(Bloomberg) -- Hong Kong Exchanges & Clearing Ltd. approved the biggest change to its initial public offering rules in two decades, putting it in a position to battle New York for some of the world’s hottest companies.
Technology firms that have shares with different voting rights will now be allowed to go public in Hong Kong, overturning rules that barred the likes of Alibaba Group Holding Ltd. from considering the former British colony. Businesses will be able to apply under the new regime starting April 30, HKEX said Tuesday.
The new framework is a victory for the exchange and its Chief Executive Officer Charles Li, who championed the changes after losing Alibaba and other tech titans to venues in New York, where dual-class shares and similar structures have long been permitted. The step could be a landmark for Hong Kong’s efforts to be the leading home for international Chinese listings and builds on Li’s vision for a trading hub that rivals the U.S.
“We are now at the dawn of an exciting new era for Hong Kong’s capital markets,” Li said at a media event on Tuesday. A “double-digit” number of firms are planning to list under the new regime and the first IPO will “hopefully” happen by July, he said.
Some of the world’s largest and most influential technology companies, from Facebook Inc. to Google parent Alphabet Inc., have share classes with different voting rights to protect their founders’ influence after going public. The structures are contentious because they reduce the rights of other shareholders, and investors including BlackRock Inc. opposed HKEX’s plan.

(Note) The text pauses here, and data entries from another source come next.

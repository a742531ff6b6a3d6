-- ===== src/Client/Operations.antt =====
-- Every way in which a client and its subscriptions change: the calls of the application, the frames
-- of the server, the timers, and the goroutines. What happens while an operation waits is itself a
-- list of operations, so that a run is an interleaving.
use centrifuge_go.Prelude.{ℕ, String, Bool, List, Option}
use centrifuge_go.Errors.{GoError, Result}
use centrifuge_go.Protocol.{WirePublication}
use centrifuge_go.Calls.{Context, on_connect, connect_future_timeout}
use centrifuge_go.State.{Env, Call, Callback, Disconnect}
use centrifuge_go.Subscription.{Op, Ops, run, run_all}
use centrifuge_go.World.{World, on_sub, in_client}
use centrifuge_go.Client.Teardown.{new_subscription, remove_subscription, set_token}
use centrifuge_go.Client.Transitions.{handle_transport_disconnect}
use centrifuge_go.Client.ServerSubs.{deliver_server}
use centrifuge_go.Client.Tokens.{ConnectionTokenCall, send_refresh}
use centrifuge_go.Client.Connect.{Attempt}
use centrifuge_go.Client.Dispatch.{Push, handle_unsolicited}
use centrifuge_go.Client.Replies.{Reply, Waits, handle_reply, request_timeout, fail_callback}
use centrifuge_go.Client.Api.{connect, reconnect_timer_fired, disconnect, close}

mutual
  pub data ClientOp : Type 0 where
    connects : Attempted → ClientOps → ClientOp
    reconnect_timer_fires : Attempted → ClientOp
    disconnects : ClientOp
    closes_client : ClientOps → ClientOp
    sets_token : String → ClientOp
    adds_subscription : String → Bool → ℕ → ClientOp
    removes_subscription : String → ℕ → ClientOp
    calls_client : Call → ClientOp
    client_call_times_out : ℕ → ClientOp
    transport_reports : Option ℕ → Option Disconnect → ClientOps → ClientOp
    token_timer_fires : ℕ → Asked → ClientOp
    frame_arrives : ℕ → Option Push → ClientOps → ClientOp
    reply_arrives : ℕ → ℕ → Reply → Waited → ClientOp
    request_times_out : GoError → ℕ → Waited → ClientOp
    callback_fails : Callback → GoError → Waited → ClientOp
    delivers_server : ℕ → String → List WirePublication → ClientOps → ClientOp
    subscription_runs : ℕ → Op → ClientOp

  -- What is decided outside during an attempt: what happens in `GetToken`, its answer, what happens
  -- in OnError after it, during the dial, its result, and what happens in OnError then.
  pub data Attempted : Type 0 where
    attempted : ClientOps → Result String → ClientOps → ClientOps → Result ℕ → ClientOps → Attempted

  -- A call of `GetToken`: what happens while it runs, its answer, and what happens in OnError.
  pub data Asked : Type 0 where
    asked : ClientOps → Result String → ClientOps → Asked

  -- What happens during the waits of a callback: in the handlers of the client, in those of a
  -- subscription, and while a transport closes.
  pub data Waited : Type 0 where
    waited : ClientOps → Ops → ClientOps → Waited

  -- A row of operations, each with the contexts that are done by then.
  pub data ClientOps : Type 0 where
    rest_now : ClientOps
    then_next : Context → ClientOp → ClientOps → ClientOps

unfoldable mutual
  pub step : Env → Context → ClientOp → World → World
  step env ctx (connects a m) w = (connect env ctx (attempt_of env a) (steps env m) w).0
  step env ctx (reconnect_timer_fires a) w = reconnect_timer_fired env ctx (attempt_of env a) w
  step env ctx disconnects w = (disconnect env ctx w).0
  step env ctx (closes_client m) w = close env ctx (steps env m) w
  step env ctx (sets_token token) w = in_client (set_token token) w
  step env ctx (adds_subscription channel conflict a) w =
      in_client (λ c. (new_subscription channel conflict a c).0) w
  step env ctx (removes_subscription channel a) w =
      in_client (λ c. (remove_subscription channel a (w.heap a).state c).0) w
  step env ctx (calls_client call) w = in_client (on_connect env ctx call) w
  step env ctx (client_call_times_out id) w = in_client (connect_future_timeout env ctx id) w
  step env ctx (transport_reports t d m) w = handle_transport_disconnect env ctx (steps env m) t d w
  step env ctx (token_timer_fires generation k) w =
      send_refresh env ctx (token_call_of env k) generation w
  step env ctx (frame_arrives t p m) w = handle_unsolicited env ctx (steps env m) t p w
  step env ctx (reply_arrives t id r k) w = handle_reply env ctx (waits_of env k) t id r w
  step env ctx (request_times_out e id k) w = request_timeout env ctx (waits_of env k) e id w
  step env ctx (callback_fails cb e k) w = fail_callback env ctx (waits_of env k) cb e w
  step env ctx (delivers_server attempt channel ps m) w =
      deliver_server (λ p. steps env m) attempt channel ps w
  step env ctx (subscription_runs a op) w = on_sub a (run env op) w

  pub attempt_of : Env → Attempted → Attempt
  attempt_of env (attempted m reply refused dialing dialed h) = record {
    token_call = record { meanwhile = steps env m; reply = reply; handled = steps env refused };
    dialing = steps env dialing;
    dialed = dialed;
    handled = steps env h;
  }

  pub token_call_of : Env → Asked → ConnectionTokenCall
  token_call_of env (asked m reply h) = record {
    meanwhile = steps env m;
    reply = reply;
    handled = steps env h;
  }

  pub waits_of : Env → Waited → Waits
  waits_of env (waited m ops closing) = record {
    meanwhile = steps env m;
    in_frame = run_all env ops;
    closing = steps env closing;
  }

  pub steps : Env → ClientOps → World → World
  steps env rest_now w = w
  steps env (then_next ctx op ops) w = steps env ops (step env ctx op w)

Hong Kong lost to New York and Shanghai in the global IPO rankings last year, with funds raised down 33 percent compared with previous year to $16.9 billion, the lowest level since 2012, according to data compiled by Bloomberg.
Biotech firms with no record of profit or revenue can also list. Other changes include lifting restrictions on secondary listings by mainland Chinese companies -- HKEX has held talks with mainland firms that went public in the U.S. about coming to Hong Kong -- “their natural home,” Li said.
The payoff for HKEX could come very soon. Xiaomi Corp., Ant Financial Services Group and Lufax, the peer-to-peer lending unit of Ping An Insurance (Group) Co., are among a number of Chinese technology giants preparing to go public. Smartphone maker Xiaomi is considering listing in both Hong Kong and Shanghai and targeting a valuation of about $100 billion.